Great work, personally I like that the whole head isn't in focus.


----------



## ocular (Aug 13, 2009)

Love it   :thumbup:


----------



## a_spaceman (Aug 16, 2009)

cute indeed, but that would be a fennec (or desert fox) not just a fox! 
i know, i'm a geek...
great capture anyway!


----------



## lvcrtrs (Aug 17, 2009)

Oh, so cute. Great shot.  He's on a bed? Is he a pet?


----------



## Dao (Aug 19, 2009)

Thanks everyone.  Fennec / Desert fox?  okay  Thanks for the correction.

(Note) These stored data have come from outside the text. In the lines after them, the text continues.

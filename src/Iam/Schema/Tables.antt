-- ===== src/Iam/Schema/Tables.antt =====
-- Each table with how it stands in the database, and what its ent schema asks of a new row: the
-- NotEmpty validators, which ent runs before it sends the statement, and the keys that the
-- database keeps unique.
use servora_platform.Common.{String, ◌==◌, Bool, not, ◌&&◌, ◌||◌, List, [], ◌∷◌, all}
use servora_platform.Iam.Schema.{
  Db, User, LoginIdentifier, Authenticator, PasswordAuthenticator, EmailVerificationToken,
  PasswordResetToken, LoginSession, OidcAuthorizationRequest, AuthorizationCode, TokenSession,
  AccessToken, RefreshToken, Client,
}

pub record Table (R : Type 0) : Type 0 where
  pub get : Db → List R
  pub put : Db → List R → Db
  pub valid : R → Bool
  pub clash : R → R → Bool

-- NotEmpty on several text columns.
abbrev pub not_empty : List String → Bool
not_empty = all (λ s. not (s == ""))

abbrev pub users : Table User
users = record {
  get = λ d. d.users;
  put = λ d rs. record d { users = rs };
  valid = λ r. not_empty (r.etag ∷ []);
  clash = λ r s. r.id == s.id;
}

abbrev pub identifiers : Table LoginIdentifier
identifiers = record {
  get = λ d. d.identifiers;
  put = λ d rs. record d { identifiers = rs };
  valid = λ r. not_empty (r.user_id ∷ r.type ∷ r.canonical_value ∷ r.display_value ∷ []);
  clash = λ r s.
      r.id == s.id
      || r.user_id == s.user_id && r.type == s.type
      || r.type == s.type && r.canonical_value == s.canonical_value;
}

abbrev pub authenticators : Table Authenticator
authenticators = record {
  get = λ d. d.authenticators;
  put = λ d rs. record d { authenticators = rs };
  valid = λ r. not_empty (r.user_id ∷ r.type ∷ []);
  clash = λ r s. r.id == s.id;
}

abbrev pub passwords : Table PasswordAuthenticator
passwords = record {
  get = λ d. d.passwords;
  put = λ d rs. record d { passwords = rs };
  valid = λ r. not_empty (r.authenticator_id ∷ r.password_hash ∷ []);
  clash = λ r s. r.id == s.id || r.authenticator_id == s.authenticator_id;
}

abbrev pub verification_tokens : Table EmailVerificationToken
verification_tokens = record {
  get = λ d. d.verification_tokens;
  put = λ d rs. record d { verification_tokens = rs };
  valid = λ r. not_empty (r.user_id ∷ r.login_identifier_id ∷ r.token_hash ∷ []);
  clash = λ r s. r.id == s.id || r.token_hash == s.token_hash;
}

abbrev pub reset_tokens : Table PasswordResetToken
reset_tokens = record {
  get = λ d. d.reset_tokens;
  put = λ d rs. record d { reset_tokens = rs };
  valid = λ r. not_empty (r.user_id ∷ r.token_hash ∷ []);
  clash = λ r s. r.id == s.id || r.token_hash == s.token_hash;
}

abbrev pub login_sessions : Table LoginSession
login_sessions = record {
  get = λ d. d.login_sessions;
  put = λ d rs. record d { login_sessions = rs };
  valid = λ r. not_empty (r.user_id ∷ r.secret_hash ∷ []);
  clash = λ r s. r.id == s.id || r.secret_hash == s.secret_hash;
}

abbrev pub requests : Table OidcAuthorizationRequest
requests = record {
  get = λ d. d.requests;
  put = λ d rs. record d { requests = rs };
  valid = λ r. not_empty (r.client_id ∷ r.redirect_uri ∷ r.response_type ∷ r.pkce_challenge ∷ []);
  clash = λ r s. r.id == s.id;
}

abbrev pub codes : Table AuthorizationCode
codes = record {
  get = λ d. d.codes;
  put = λ d rs. record d { codes = rs };
  valid = λ r. not_empty (
      r.code_hash ∷ r.authorization_request_id ∷ r.client_id ∷ r.subject ∷ r.redirect_uri
      ∷ r.pkce_challenge ∷ []);
  clash = λ r s.
      r.id == s.id
      || r.code_hash == s.code_hash
      || r.authorization_request_id == s.authorization_request_id;
}

abbrev pub token_sessions : Table TokenSession
token_sessions = record {
  get = λ d. d.token_sessions;
  put = λ d rs. record d { token_sessions = rs };
  valid =
      λ r. not_empty (r.user_id ∷ r.client_id ∷ r.iam_login_session_id ∷ r.refresh_family_id ∷ []);
  clash = λ r s. r.id == s.id || r.refresh_family_id == s.refresh_family_id;
}

abbrev pub access_tokens : Table AccessToken
access_tokens = record {
  get = λ d. d.access_tokens;
  put = λ d rs. record d { access_tokens = rs };
  valid = λ r. not_empty (r.token_session_id ∷ r.subject ∷ r.client_id ∷ []);
  clash = λ r s. r.id == s.id;
}

abbrev pub refresh_tokens : Table RefreshToken
refresh_tokens = record {
  get = λ d. d.refresh_tokens;
  put = λ d rs. record d { refresh_tokens = rs };
  valid = λ r. not_empty (r.token_session_id ∷ r.family_id ∷ r.token_hash ∷ []);
  clash = λ r s. r.id == s.id || r.token_hash == s.token_hash;
}

abbrev pub clients : Table Client
clients = record {
  get = λ d. d.clients;
  put = λ d rs. record d { clients = rs };
  valid = λ r. not_empty (r.secret_hash ∷ []);
  clash = λ r s. r.id == s.id;
}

I took this photo in St. Louis Zoo.  Here -> Fennec Fox :: Saint Louis Zoo

And I do not know why the zoo gave them the bed ....  but I am sure it is VERY comfortable.   And they (yes, 2 of them) seems to enjoy it very much when I saw them.


----------



## DigitalScape (Aug 19, 2009)

I like the composition on this (nice lines).  The B&W treatment and the DOF work very well for this image.


----------



## Lyncca (Aug 19, 2009)

I tried to convince my husband to let me have one of these as pets  I fell absolutely in love with their big ears. They act a lot like cats evidently, but it was a no go. 

Great capture   It makes me want one all over again!


----------